**TASK BRIEF:** Your answer should consist only of the lines below from the one with "-- A point: to the right, down, forward." through the one with "-- For a width", copied exactly.

Segment Start: THE DATA

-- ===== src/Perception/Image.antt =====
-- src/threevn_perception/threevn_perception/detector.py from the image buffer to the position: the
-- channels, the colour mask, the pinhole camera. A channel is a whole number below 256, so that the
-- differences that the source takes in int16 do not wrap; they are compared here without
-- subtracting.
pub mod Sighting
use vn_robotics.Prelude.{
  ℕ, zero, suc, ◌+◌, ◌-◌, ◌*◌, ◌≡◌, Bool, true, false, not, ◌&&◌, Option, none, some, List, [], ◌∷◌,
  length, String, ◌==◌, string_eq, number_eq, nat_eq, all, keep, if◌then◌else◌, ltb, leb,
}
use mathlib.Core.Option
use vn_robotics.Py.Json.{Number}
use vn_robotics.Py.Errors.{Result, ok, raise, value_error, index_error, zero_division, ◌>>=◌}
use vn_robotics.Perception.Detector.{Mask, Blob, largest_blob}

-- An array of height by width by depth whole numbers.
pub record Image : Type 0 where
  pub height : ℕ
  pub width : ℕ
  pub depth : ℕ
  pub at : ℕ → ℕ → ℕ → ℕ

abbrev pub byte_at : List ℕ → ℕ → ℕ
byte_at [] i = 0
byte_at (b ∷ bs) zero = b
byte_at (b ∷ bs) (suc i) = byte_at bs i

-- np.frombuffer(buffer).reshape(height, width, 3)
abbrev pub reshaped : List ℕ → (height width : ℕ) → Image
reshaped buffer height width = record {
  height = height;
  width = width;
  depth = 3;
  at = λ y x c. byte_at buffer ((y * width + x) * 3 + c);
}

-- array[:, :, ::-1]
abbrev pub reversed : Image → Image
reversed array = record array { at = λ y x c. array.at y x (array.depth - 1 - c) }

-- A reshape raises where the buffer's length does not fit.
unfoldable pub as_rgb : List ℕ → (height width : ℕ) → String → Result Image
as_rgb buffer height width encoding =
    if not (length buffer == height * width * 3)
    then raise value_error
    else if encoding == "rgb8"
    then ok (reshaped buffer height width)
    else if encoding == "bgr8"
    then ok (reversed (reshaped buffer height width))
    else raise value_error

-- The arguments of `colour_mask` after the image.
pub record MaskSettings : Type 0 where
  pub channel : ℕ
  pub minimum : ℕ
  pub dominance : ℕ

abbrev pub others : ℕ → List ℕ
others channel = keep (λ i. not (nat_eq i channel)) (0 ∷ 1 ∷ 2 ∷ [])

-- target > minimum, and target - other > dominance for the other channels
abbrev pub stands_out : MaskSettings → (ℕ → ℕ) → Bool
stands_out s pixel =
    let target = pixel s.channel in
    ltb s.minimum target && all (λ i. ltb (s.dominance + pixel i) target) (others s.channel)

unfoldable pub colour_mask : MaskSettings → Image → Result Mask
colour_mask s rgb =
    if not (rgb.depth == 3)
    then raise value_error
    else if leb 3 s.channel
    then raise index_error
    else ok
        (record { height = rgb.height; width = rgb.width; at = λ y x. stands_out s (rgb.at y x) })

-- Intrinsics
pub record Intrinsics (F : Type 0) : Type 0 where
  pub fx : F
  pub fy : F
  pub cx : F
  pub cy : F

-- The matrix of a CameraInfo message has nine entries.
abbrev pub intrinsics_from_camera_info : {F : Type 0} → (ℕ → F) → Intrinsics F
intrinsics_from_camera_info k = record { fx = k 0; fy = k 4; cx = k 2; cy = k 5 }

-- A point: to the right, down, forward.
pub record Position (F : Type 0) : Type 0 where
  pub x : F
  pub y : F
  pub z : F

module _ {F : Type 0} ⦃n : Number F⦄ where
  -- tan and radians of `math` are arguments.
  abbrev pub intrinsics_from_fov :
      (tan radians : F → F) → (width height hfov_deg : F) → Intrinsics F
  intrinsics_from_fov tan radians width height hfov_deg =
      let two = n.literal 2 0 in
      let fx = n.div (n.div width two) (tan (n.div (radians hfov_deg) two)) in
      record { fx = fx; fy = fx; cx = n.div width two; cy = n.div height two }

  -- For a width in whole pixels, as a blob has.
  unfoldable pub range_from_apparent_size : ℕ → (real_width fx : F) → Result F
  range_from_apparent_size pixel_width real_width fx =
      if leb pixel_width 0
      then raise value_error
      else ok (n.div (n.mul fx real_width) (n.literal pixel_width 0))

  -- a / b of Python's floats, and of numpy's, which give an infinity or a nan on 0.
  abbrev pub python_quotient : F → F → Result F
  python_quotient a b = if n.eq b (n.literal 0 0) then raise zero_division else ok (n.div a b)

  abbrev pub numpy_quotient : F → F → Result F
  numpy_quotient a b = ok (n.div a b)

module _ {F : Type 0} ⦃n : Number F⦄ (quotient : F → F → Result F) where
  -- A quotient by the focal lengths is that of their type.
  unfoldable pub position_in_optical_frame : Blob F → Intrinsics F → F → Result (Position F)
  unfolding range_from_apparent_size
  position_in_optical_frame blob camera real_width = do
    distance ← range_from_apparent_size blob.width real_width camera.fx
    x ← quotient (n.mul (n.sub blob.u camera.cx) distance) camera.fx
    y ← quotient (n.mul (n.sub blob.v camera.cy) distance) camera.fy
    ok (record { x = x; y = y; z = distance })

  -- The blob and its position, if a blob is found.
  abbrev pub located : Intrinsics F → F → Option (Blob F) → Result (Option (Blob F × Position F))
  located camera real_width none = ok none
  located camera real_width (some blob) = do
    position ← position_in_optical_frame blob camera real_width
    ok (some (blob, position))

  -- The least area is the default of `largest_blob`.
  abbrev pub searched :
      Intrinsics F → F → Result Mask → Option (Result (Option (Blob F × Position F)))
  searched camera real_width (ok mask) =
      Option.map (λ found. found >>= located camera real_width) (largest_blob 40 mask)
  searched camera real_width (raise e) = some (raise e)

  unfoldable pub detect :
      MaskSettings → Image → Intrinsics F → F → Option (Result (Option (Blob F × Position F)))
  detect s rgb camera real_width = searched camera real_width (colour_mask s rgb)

Segment End: THE DATA

**EXERCISE ANSWER:**
-- A point: to the right, down, forward.
pub record Position (F : Type 0) : Type 0 where
  pub x : F
  pub y : F
  pub z : F

module _ {F : Type 0} ⦃n : Number F⦄ where
  -- tan and radians of `math` are arguments.
  abbrev pub intrinsics_from_fov :
      (tan radians : F → F) → (width height hfov_deg : F) → Intrinsics F
  intrinsics_from_fov tan radians width height hfov_deg =
      let two = n.literal 2 0 in
      let fx = n.div (n.div width two) (tan (n.div (radians hfov_deg) two)) in
      record { fx = fx; fy = fx; cx = n.div width two; cy = n.div height two }

  -- For a width in whole pixels, as a blob has.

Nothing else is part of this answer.